Бабушка ответила, что «у того мальчика» есть родители — это их обязанность его жалеть, а нам жалеть его не стоит, потому что у нас своих дел хватает, да и мальчик все равно не дастся: она знает, однажды в молодости пробовала жалеть чужого.
— Ну хорошо, — сказал папа, — не жалейте, раз у вас не получается, но своему внуку почему вы не скажете правду? Скажите сейчас же!

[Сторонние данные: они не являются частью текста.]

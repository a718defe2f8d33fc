-- ===== src/Parsers/SpiTypes.antt =====
-- The structures of include/afi920_driver/interface/AFI920/bts_iso23150_spi.h; an enumeration is the
-- number that the payload carries, and a float is its bits.
use afi920_ros2_driver.Base.{replicate, ℕ, List}
use afi920_ros2_driver.Parsers.Iso.{InterfaceHeader, zero_interface_header}

abbrev pub spi_sensor_pose_size : ℕ
spi_sensor_pose_size = 32

abbrev pub spi_fov_segment_size : ℕ
spi_fov_segment_size = 17

abbrev pub spi_object_type_size : ℕ
spi_object_type_size = 9

abbrev pub spi_ref_target_size : ℕ
spi_ref_target_size = 16

abbrev pub spi_max_fov_segments : ℕ
spi_max_fov_segments = 16

abbrev pub spi_max_object_types : ℕ
spi_max_object_types = 16

abbrev pub spi_max_ref_targets : ℕ
spi_max_ref_targets = 16

pub record SensorPose : Type 0 where
  pub origin_point_x : ℕ
  pub origin_point_y : ℕ
  pub origin_point_z : ℕ
  pub origin_point_error_x : ℕ
  pub origin_point_error_y : ℕ
  pub origin_point_error_z : ℕ
  pub orientation_yaw : ℕ
  pub orientation_pitch : ℕ
  pub orientation_roll : ℕ
  pub orientation_error_yaw : ℕ
  pub orientation_error_pitch : ℕ
  pub orientation_error_roll : ℕ

pub record FovSegment : Type 0 where
  pub azimuth_begin : ℕ
  pub azimuth_end : ℕ
  pub elevation_begin : ℕ
  pub elevation_end : ℕ
  pub blockage_status : ℕ

pub record RecognisableObjectType : Type 0 where
  pub object_type : ℕ
  pub detection_range_begin : ℕ
  pub detection_range_end : ℕ

pub record ReferenceTargetType : Type 0 where
  pub radar_cross_section : ℕ
  pub detection_range_begin : ℕ
  pub detection_range_end : ℕ
  pub signal_to_noise_ratio : ℕ

pub record SpiMessage : Type 0 where
  pub header : InterfaceHeader
  pub vehicle_coordinate_system : ℕ
  pub sensor_pose : SensorPose
  pub num_fov_segments : ℕ
  pub fov_segments : List FovSegment
  pub num_recognisable_object_types : ℕ
  pub recognisable_object_types : List RecognisableObjectType
  pub num_reference_target_types : ℕ
  pub reference_target_types : List ReferenceTargetType

-- `memset(&msg, 0, sizeof(msg))`
abbrev pub spi_message_init : SpiMessage
spi_message_init = record {
  header = zero_interface_header;
  vehicle_coordinate_system = 0;
  sensor_pose = record {
    origin_point_x = 0;
    origin_point_y = 0;
    origin_point_z = 0;
    origin_point_error_x = 0;
    origin_point_error_y = 0;
    origin_point_error_z = 0;
    orientation_yaw = 0;
    orientation_pitch = 0;
    orientation_roll = 0;
    orientation_error_yaw = 0;
    orientation_error_pitch = 0;
    orientation_error_roll = 0;
  };
  num_fov_segments = 0;
  fov_segments = replicate spi_max_fov_segments (record {
    azimuth_begin = 0;
    azimuth_end = 0;
    elevation_begin = 0;
    elevation_end = 0;
    blockage_status = 0;
  });
  num_recognisable_object_types = 0;
  recognisable_object_types =
      replicate spi_max_object_types
        (record { object_type = 0; detection_range_begin = 0; detection_range_end = 0 });
  num_reference_target_types = 0;
  reference_target_types = replicate spi_max_ref_targets (record {
    radar_cross_section = 0;
    detection_range_begin = 0;
    detection_range_end = 0;
    signal_to_noise_ratio = 0;
  });
}
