-- ===== src/Plonk.antt =====
-- plonky2/src/plonk: the parts of the proof system.
pub mod PermutationArgument
pub mod WirePartition
pub mod CopyConstraints
pub mod CircuitData
pub mod Proof
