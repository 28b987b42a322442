-- ===== src/Plonk/PermutationArgument.antt =====
-- plonky2/src/plonk/permutation_argument.rs, with the indices of plonky2/src/iop/target.rs: the
-- disjoint-set forest of the copy constraints. `none` is an index out of range, a failed assertion,
-- or a loop that has not ended within its fuel.
pub mod Chains
pub mod Bounds
pub mod Find
pub mod Merge
pub mod Connected
pub mod Flat
mod Tests
use plonky.Common.{
  ℕ, zero, suc, ◌+◌, ◌*◌, Bool, true, false, Option, none, some, List, [], ◌∷◌, ◌++◌, length,
  get_elem?, set, ◌==◌, if◌then◌else◌, assert, ◌>>=◌, ◌>>◌,
}

pub record Wire : Type 0 where
  pub row : ℕ
  pub column : ℕ

pub data Target : Type 0 where
  wire : Wire → Target
  virtual_target : ℕ → Target

-- `Target::index`
unfoldable pub index : Target → ℕ → ℕ → ℕ
index (wire w) num_wires degree = w.row * num_wires + w.column
index (virtual_target i) num_wires degree = degree * num_wires + i

pub record Forest : Type 0 where
  pub parents : List ℕ
  pub num_wires : ℕ
  pub num_routed_wires : ℕ
  pub degree : ℕ

unfoldable pub new : ℕ → ℕ → ℕ → Forest
new num_wires num_routed_wires degree = record {
  parents = [];
  num_wires = num_wires;
  num_routed_wires = num_routed_wires;
  degree = degree;
}

unfoldable pub target_index : Forest → Target → ℕ
unfolding index
target_index forest target = index target forest.num_wires forest.degree

abbrev pub with_parents : Forest → List ℕ → Forest
with_parents forest parents = record {
  parents = parents;
  num_wires = forest.num_wires;
  num_routed_wires = forest.num_routed_wires;
  degree = forest.degree;
}

unfoldable pub add : Forest → Target → Option Forest
unfolding target_index
add forest t = do
  assert (target_index forest t == length forest.parents)
  some (with_parents forest (forest.parents ++ (length forest.parents ∷ [])))

-- The first loop of `find`: the representative.
unfoldable pub find_representative : ℕ → List ℕ → ℕ → Option ℕ
find_representative zero parents x_index = none
find_representative (suc fuel) parents x_index = do
  parent ← get_elem? parents x_index
  let rest = find_representative fuel parents parent
  if parent == x_index then some x_index else rest

-- The second loop: the nodes of the chain point to the representative.
unfoldable pub compress_chain : ℕ → List ℕ → ℕ → ℕ → Option (List ℕ)
compress_chain zero parents x_index representative = none
compress_chain (suc fuel) parents x_index representative = do
  old_parent ← get_elem? parents x_index
  let rest = compress_chain fuel (set parents x_index representative) old_parent representative
  if old_parent == x_index then some parents else rest

-- A chain without a cycle has no more nodes than the forest.
unfoldable pub find : List ℕ → ℕ → Option (List ℕ × ℕ)
find parents x_index = do
  representative ← find_representative (length parents + 1) parents x_index
  parents' ← compress_chain (length parents + 2) parents x_index representative
  some (parents', representative)

unfoldable pub merge : Forest → Target → Target → Option Forest
merge forest tx ty = do
  (parents, x_index) ← find forest.parents (target_index forest tx)
  (parents', y_index) ← find parents (target_index forest ty)
  let merged = set parents' y_index x_index
  some (with_parents forest (if x_index == y_index then parents' else merged))

-- `compress_paths`, for the `left` nodes from `i` on.
unfoldable pub compress_from : ℕ → ℕ → List ℕ → Option (List ℕ)
compress_from zero i parents = some parents
compress_from (suc left) i parents = do
  (parents', representative) ← find parents i
  compress_from left (i + 1) parents'

unfoldable pub compress_paths : Forest → Option Forest
compress_paths forest = do
  parents ← compress_from (length forest.parents) 0 forest.parents
  some (with_parents forest parents)
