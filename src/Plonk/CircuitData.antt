-- ===== src/Plonk/CircuitData.antt =====
-- plonky2/src/plonk/circuit_data.rs, with the types of its parts: the data of a circuit. The types of
-- gates `G`, of witness generators `W` and of digests `H` are parameters; a field element is its
-- word, a polynomial its coefficients, a Merkle cap its digests. Sums and products of sizes are taken
-- not to overflow.
use plonky.Common.{ℕ, ◌*◌, Bool, Option, List, if◌then◌else◌}
use plonky.Fri.Params.{FriConfig, FriParams}
use plonky.Hash.Merkle.{MerkleTree}
use plonky.Plonk.PermutationArgument.{Target}

pub record CircuitConfig : Type 0 where
  pub num_wires : ℕ
  pub num_routed_wires : ℕ
  pub num_constants : ℕ
  pub security_bits : ℕ
  pub num_challenges : ℕ
  pub max_quotient_degree_factor : ℕ
  pub use_base_arithmetic_gate : Bool
  pub zero_knowledge : Bool
  pub fri_config : FriConfig

-- A group is a `Range<usize>`, its start and its end.
pub record SelectorsInfo : Type 0 where
  pub selector_indices : List ℕ
  pub groups : List (ℕ × ℕ)

pub record CommonCircuitData (G : Type 0) : Type 0 where
  pub config : CircuitConfig
  pub fri_params : FriParams
  pub gates : List G
  pub selectors_info : SelectorsInfo
  pub quotient_degree_factor : ℕ
  pub num_gate_constraints : ℕ
  pub num_constants : ℕ
  pub num_public_inputs : ℕ
  pub k_is : List ℕ
  pub num_partial_products : ℕ
  pub num_lookup_polys : ℕ
  pub num_lookup_selectors : ℕ
  pub luts : List (List (ℕ × ℕ))

unfoldable pub num_all_lookup_polys : {G : Type 0} → CommonCircuitData G → ℕ
num_all_lookup_polys c = c.config.num_challenges * c.num_lookup_polys

unfoldable pub salt_size : Bool → ℕ
salt_size salted = if salted then 4 else 0

pub record PolynomialBatch (H : Type 0) : Type 0 where
  pub polynomials : List (List ℕ)
  pub merkle_tree : MerkleTree ℕ H
  pub degree_log : ℕ
  pub rate_bits : ℕ
  pub blinding : Bool

pub record LookupWire : Type 0 where
  pub last_lu_gate : ℕ
  pub last_lut_gate : ℕ
  pub first_lut_gate : ℕ

-- `generator_indices_by_watches` is a `BTreeMap`: its entries, in the order of its iterator.
pub record ProverOnlyCircuitData (W H : Type 0) : Type 0 where
  pub generators : List W
  pub generator_indices_by_watches : List (ℕ × List ℕ)
  pub constants_sigmas_commitment : PolynomialBatch H
  pub sigmas : List (List ℕ)
  pub subgroup : List ℕ
  pub public_inputs : List Target
  pub representative_map : List ℕ
  pub fft_root_table : Option (List (List ℕ))
  pub circuit_digest : H
  pub lookup_rows : List LookupWire
  pub lut_to_lookups : List (List (Target × Target))

pub record VerifierOnlyCircuitData (H : Type 0) : Type 0 where
  pub constants_sigmas_cap : List H
  pub circuit_digest : H

pub record CircuitData (G W H : Type 0) : Type 0 where
  pub prover_only : ProverOnlyCircuitData W H
  pub verifier_only : VerifierOnlyCircuitData H
  pub common : CommonCircuitData G

pub record ProverCircuitData (G W H : Type 0) : Type 0 where
  pub prover_only : ProverOnlyCircuitData W H
  pub common : CommonCircuitData G

pub record VerifierCircuitData (G H : Type 0) : Type 0 where
  pub verifier_only : VerifierOnlyCircuitData H
  pub common : CommonCircuitData G
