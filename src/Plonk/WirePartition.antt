-- ===== src/Plonk/WirePartition.antt =====
-- plonky2/src/plonk/permutation_argument.rs: `wire_partition`, `get_sigma_map` and
-- `get_sigma_polys`. A `HashMap` is a list of entries in the order of their first insertion, where
-- its values are taken, and a function, where it is only looked up. `none` is an index out of range
-- or a missing key.
pub mod Grid
pub mod Groups
pub mod Neighbors
pub mod Columns
pub mod Sigma
pub mod Orbits
pub mod Polys
mod Tests
use plonky.Common.{
  ℕ, zero, suc, ◌+◌, ◌*◌, ◌/◌, ◌%◌, ◌^◌, Bool, ◌&&◌, Option, none, some, List, [], ◌∷◌, ◌++◌, map,
  length, get_elem?, ◌==◌, if◌then◌else◌, traverse, take, drop, ◌>>=◌,
}
use plonky.Hash.Sponge.{chunks}
use plonky.Plonk.PermutationArgument.{Wire, wire, Forest, target_index}

-- `i..i + left`
abbrev pub range : ℕ → ℕ → List ℕ
range zero i = []
range (suc left) i = i ∷ range left (suc i)

abbrev pub wire_at : ℕ → ℕ → Wire
wire_at row column = record { row = row; column = column }

-- The wires of the two loops of `wire_partition`, in their order.
unfoldable pub row_wires : ℕ → List ℕ → List Wire
row_wires row [] = []
row_wires row (column ∷ columns) = wire_at row column ∷ row_wires row columns

unfoldable pub grid : List ℕ → List ℕ → List Wire
unfolding row_wires
grid [] columns = []
grid (row ∷ rows) columns = row_wires row columns ++ grid rows columns

-- `partition.entry(parent).or_default().push(w)`
unfoldable pub push_entry : ℕ → Wire → List (ℕ × List Wire) → List (ℕ × List Wire)
push_entry parent w [] = (parent, w ∷ []) ∷ []
push_entry parent w ((k, ws) ∷ entries) =
    if k == parent then (k, ws ++ (w ∷ [])) ∷ entries else (k, ws) ∷ push_entry parent w entries

unfoldable pub group : Forest → List Wire → List (ℕ × List Wire) → Option (List (ℕ × List Wire))
unfolding push_entry
group forest [] entries = some entries
group forest (w ∷ wires) entries = do
  x_parent ← get_elem? forest.parents (target_index forest (wire w))
  group forest wires (push_entry x_parent w entries)

unfoldable pub wire_partition : Forest → Option (List (List Wire))
unfolding group grid target_index
wire_partition forest = do
  entries ← group forest (grid (range forest.degree 0) (range forest.num_routed_wires 0)) []
  some (map (λ e. e.1) entries)

abbrev pub Neighbors : Type 0
Neighbors = Wire → Option Wire

abbrev pub wire_eq : Wire → Wire → Bool
wire_eq u w = u.row == w.row && u.column == w.column

unfoldable pub insert_neighbor : Wire → Wire → Neighbors → Neighbors
insert_neighbor w v neighbors = λ u. if wire_eq u w then some v else neighbors u

-- The loop over one subset, from `n` on.
unfoldable pub subset_neighbors : ℕ → ℕ → List Wire → Neighbors → Option Neighbors
unfolding insert_neighbor
subset_neighbors zero n subset neighbors = some neighbors
subset_neighbors (suc left) n subset neighbors = do
  w ← get_elem? subset n
  v ← get_elem? subset ((n + 1) % length subset)
  subset_neighbors left (suc n) subset (insert_neighbor w v neighbors)

unfoldable pub all_neighbors : List (List Wire) → Neighbors → Option Neighbors
unfolding subset_neighbors
all_neighbors [] neighbors = some neighbors
all_neighbors (subset ∷ partition) neighbors = do
  neighbors' ← subset_neighbors (length subset) 0 subset neighbors
  all_neighbors partition neighbors'

unfoldable pub sigma_column : Neighbors → ℕ → ℕ → List ℕ → Option (List ℕ)
sigma_column neighbors degree column [] = some []
sigma_column neighbors degree column (row ∷ rows) = do
  neighbor ← neighbors (wire_at row column)
  sigma ← sigma_column neighbors degree column rows
  some ((neighbor.column * degree + neighbor.row) ∷ sigma)

unfoldable pub sigma_columns : Neighbors → ℕ → List ℕ → Option (List ℕ)
unfolding sigma_column
sigma_columns neighbors degree [] = some []
sigma_columns neighbors degree (column ∷ columns) = do
  sigma ← sigma_column neighbors degree column (range degree 0)
  rest ← sigma_columns neighbors degree columns
  some (sigma ++ rest)

unfoldable pub get_sigma_map : List (List Wire) → ℕ → ℕ → Option (List ℕ)
unfolding all_neighbors sigma_columns
get_sigma_map partition degree num_routed_wires = do
  neighbors ← all_neighbors partition (λ _. none)
  sigma_columns neighbors degree (range num_routed_wires 0)

module _ {F : Type 0} (mul : F → F → F) where
  -- The value of `sigma` at one place: an element of a coset of the subgroup.
  unfoldable pub sigma_value : ℕ → List F → List F → ℕ → Option F
  sigma_value degree k_is subgroup x = do
    k ← get_elem? k_is (x / degree)
    g ← get_elem? subgroup (x % degree)
    some (mul k g)

  unfoldable pub get_sigma_polys : List (List Wire) → ℕ → List F → List F → Option (List (List F))
  unfolding get_sigma_map sigma_value chunks
  get_sigma_polys partition degree_log k_is subgroup =
      let degree = 2 ^ degree_log in
      do
        sigma ← get_sigma_map partition degree (length k_is)
        traverse (traverse (sigma_value degree k_is subgroup)) (chunks (length sigma) degree sigma)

Опять к папе прицепилась правда. Я уже давно заметил, что она чересчур уж часто к нему цепляется: когда серьезный человек мозгами работает и не торопится рот раскрывать, папа сразу же правду брякает. Я понял, что папа совершенно беззащитен перед правдой, раз ему в голову не приходит подумать о сыне, вместо того чтобы думать о постороннем человеке. Папа расхаживал по комнате и всех по очереди упрашивал сказать мне правду. Мама любовалась им, бабушка поджала губы и смотрела в пол, а дед незаметно показывал мне глазами на папу: вот какой вспыльчивый! Мне жаль было папу: просит, взывает и не может допроситься. Можно подумать, что он среди чужих.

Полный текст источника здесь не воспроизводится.